A working party from the Consultants’ Group is currently looking at how to distinguish between the honorary fellowship and a portfolio route which would bring professional recognition. The fellowship would have to be made available throughout the spectrum of radiography practice. It is hoped that the working party findings will be brought to the February 2010 AAB meeting, prior to be being presented to SCoR Council and The College of Radiographers Board of Trustees (CBoT).

11.5 Scottish education strategy

Scotland continues to review its education strategy with the scoping and piloting of  the reform of the Scottish four-year undergraduate honours degree for a range of nursing and allied health professional programmes within the framework of a common core curriculum as a response to the needs for a flexible, effective and employable workforce.

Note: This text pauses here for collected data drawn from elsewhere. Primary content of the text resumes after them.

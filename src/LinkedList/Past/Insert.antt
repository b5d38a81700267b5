-- ===== src/LinkedList/Past/Insert.antt =====
-- `insert` and then `range_query` at a timestamp before the latest.
use mathlib.Core.Path.{subst}
use uruv.Common.{
  ℕ, zero, suc, ◌+◌, ◌≤◌, ◌<◌, ◌^◌, ◌≡◌, ◌≢◌, refl, sym, ◌∙◌, arith, ℕ_discrete, none, inl, inr,
  ≢→==, List, [], ◌∷◌, length,
}
use uruv.Machine.{◌>>=◌, Returns, Returns-bind, Returns-weaken}
use uruv.Store.{tombstone, Store}
use uruv.LinkedList.{Inserted, insert, insert_at, find_left}
use uruv.LinkedList.Walks.{range_query}
use uruv.LinkedList.Stamps.{latest}
use uruv.LinkedList.Find.{Found, last_key, find_left-Returns}
use uruv.LinkedList.Chains.{lookup}
use uruv.LinkedList.Insert.{WellFormed, around, insert-Placed}
use uruv.LinkedList.Overwrite.{holder, insert-Renewed}
use uruv.LinkedList.Snapshot.{Histories, snapshot}
use uruv.LinkedList.RangeQuery.{range_query-Snapshot}
use uruv.LinkedList.Past.{Past}
use uruv.Machine.Endings.{Option-cases}
use uruv.LinkedList.Past.After.{stamped-Past, renewed-Past, linked-Past}

module _ (s : Store) (older : ℕ → List ℕ) (m head b : ℕ) (nodes : List ℕ) (key value : ℕ)
    (wf : WellFormed s head (b ∷ nodes)) (low : s.key head < key)
    (high : key ≤ last_key s head (b ∷ nodes)) (bound : s.top + 4 ≤ 2 ^ 64)
    (histories : Histories s older m (b ∷ nodes)) where
  abbrev all : List ℕ
  all = b ∷ nodes

  -- A tombstone for a key that the list does not hold is not written.
  insert-Nothing :
      (fuel left : ℕ)
      → length all ≤ fuel
      → lookup s key all ≡ none
      → value ≡ tombstone
      → Returns (insert fuel left head key value) (λ res t. t ≡ s) s
  unfolding insert insert_at
  insert-Nothing fuel zero enough absent dead =
      Returns-bind (find_left fuel key head) _ (Found s key head all) (λ res t. t ≡ s) s
        (find_left-Returns s key all fuel head wf.chain enough low high)
        (λ found t (same, (p, r, is, place)).
          let (ok_p, ok_r, next, ne) = around s key head p r all wf.chain place absent in
          rw (is, same, dead) (s, rw ok_r refl, rw (≢→== (s.key r) key ne) refl))
  insert-Nothing fuel (suc left) enough absent dead =
      Returns-bind (find_left fuel key head) _ (Found s key head all) (λ res t. t ≡ s) s
        (find_left-Returns s key all fuel head wf.chain enough low high)
        (λ found t (same, (p, r, is, place)).
          let (ok_p, ok_r, next, ne) = around s key head p r all wf.chain place absent in
          rw (is, same, dead) (s, rw ok_r refl, rw (≢→== (s.key r) key ne) refl))

  insert-Past :
      (fuel left : ℕ)
      → length all ≤ fuel
      → Returns (insert fuel left head key value) (λ res t. Past s older m head all t) s
  insert-Past fuel left enough =
      let p = insert fuel left head key value in
      let Q = λ (res : Inserted × ℕ) (t : Store). Past s older m head all t in
      elim (Option-cases (lookup s key all)) [
        | inl absent ↦ elim (ℕ_discrete value tombstone) [
          | yes dead ↦
              Returns-weaken p (λ res t. t ≡ s) Q s (insert-Nothing fuel left enough absent dead)
                (λ res t same. subst (Past s older m head all) (sym same) (
                  stamped-Past s older m head b nodes key value wf low high bound histories s.ts
                    (λ v. (refl, λ set. set))))
          | no live ↦
              Returns-weaken p _ Q s
                (insert-Placed s head all key value wf low high absent live fuel left enough)
                (λ res t (is, (p, r, f, place, e, timed)). subst (Past s older m head all) (sym e) (
                  linked-Past s older m head b nodes key value wf low high bound histories p r f
                    place absent timed))
        ]
        | inr (v, found) ↦
            let held : lookup s key all ≢ none = λ e. cc (found, e) in
            Returns-weaken p _ Q s
              (insert-Renewed s head all key value wf low high held (omega arith) fuel left enough)
              (λ res t (is, (p, r, place, how)).
                let (ok_r, ok_h, is_key, here) =
                  holder s key head p r all wf.chain wf.versions place held in
                elim how [
                  | inl (same, (f, e, timed, set)) ↦ subst (Past s older m head all) (sym e) (
                      stamped-Past s older m head b nodes key value wf low high bound histories f
                        timed)
                  | inr newer ↦
                      renewed-Past s older m head b nodes key value wf low high bound histories p r
                        t is_key newer
                ])
      ]

-- The answer of a query of a list with such a past.
query-Past :
    (s : Store) (older : ℕ → List ℕ) (m head : ℕ) (nodes : List ℕ) (t : Store)
    (ts from to steps : ℕ)
    → ts < latest s
    → length nodes + m + 2 < steps
    → Past s older m head nodes t
    → Returns
        (range_query steps head from to ts)
        (λ res u. res ≡ snapshot s older ts from to nodes)
        t
query-Past s older m head nodes t ts from to steps before enough
      ([], newer, some_node, walk, histories, few, clock, same) =
    absurd (some_node refl)
query-Past s older m head nodes t ts from to steps before enough
      (b ∷ rest, newer, some_node, walk, histories, few, clock, same) =
    Returns-weaken (range_query steps head from to ts) _
      (λ res u. res ≡ snapshot s older ts from to nodes) t
      (range_query-Snapshot t newer ts clock (suc m) from to rest steps head b walk histories
        (omega arith))
      (λ res u (e, timely). e ∙ same ts from to before)

-- On a list that is not frozen, has a node behind the head, lies two objects below the address
-- 2 ^ 64, and whose nodes have version lists that end and in which all but the newest version have a
-- timestamp, let `insert` run alone, of any value for a key behind the head and not behind the last
-- node, and then a `range_query` at a timestamp before the latest, both with enough fuel. Both end,
-- and the query returns what the list held at the timestamp before the insert.
pub insert-range_query :
    (s : Store) (older : ℕ → List ℕ) (m head b : ℕ) (nodes : List ℕ) (key value : ℕ)
    (wf : WellFormed s head (b ∷ nodes)) (ts from to fuel left steps : ℕ)
    → s.key head < key
    → key ≤ last_key s head (b ∷ nodes)
    → s.top + 4 ≤ 2 ^ 64
    → Histories s older m (b ∷ nodes)
    → ts < latest s
    → suc (length nodes) ≤ fuel
    → length nodes + m + 3 < steps
    → Returns
        (insert fuel left head key value >>= (λ res. range_query steps head from to ts))
        (λ res t. res ≡ snapshot s older ts from to (b ∷ nodes))
        s
insert-range_query s older m head b nodes key value wf ts from to fuel left steps low high bound
      histories before enough enough' =
    Returns-bind (insert fuel left head key value) _ (λ res t. Past s older m head (b ∷ nodes) t)
      (λ res t. res ≡ snapshot s older ts from to (b ∷ nodes)) s
      (insert-Past s older m head b nodes key value wf low high bound histories fuel left enough)
      (λ res t past.
        query-Past s older m head (b ∷ nodes) t ts from to steps before (omega arith) past)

This project deals with issues surrounding future workforce planning in Scotland. A member of the AAB is also a member of the working party for the project and, therefore, CoR is fully informed as to how the project is progressing.

A 2+2 model, which was favoured early in the project, has since been rejected. A 1+3 model is now the favoured route forward. Ostensibly this meant that a total of one year would be utilised for multi-professional education.

In due course a report with recommendations will be compiled, however, full implications are not currently known. As professional bodies have been identified as stakeholders CoR is, and will be involved, as well as being informed.

11.6 Skills for Health

The NVQ level 3 is linked with the CoR policy on assistant practitioners. CoR has been insistent upon keeping the NVQ level 3 as the minimum qualification even with the tilt towards foundation degrees. This was difficult to achieve at the last NVQ3 review due to the number of units a student needed to complete, however, the CoR believes it remains a valid qualification. A further review of the NVQ level 3 health awards is due again. Those for diagnostic imaging and radiotherapy will be reviewed between October 2009 –March 2010.

The Department for Health England (DH) has held workshops to identify roles and link with competencies from the Skills for Health framework.  CoR representatives have attended all the events. However, it has proven difficult for the DH to recognise new roles when they have traditional boundaries at a time when radiographers have already moved further forward on ‘boundary blurring’. The subsequent report has not so far moved things further forward. It is imperative that CoR continues to input into this type of work.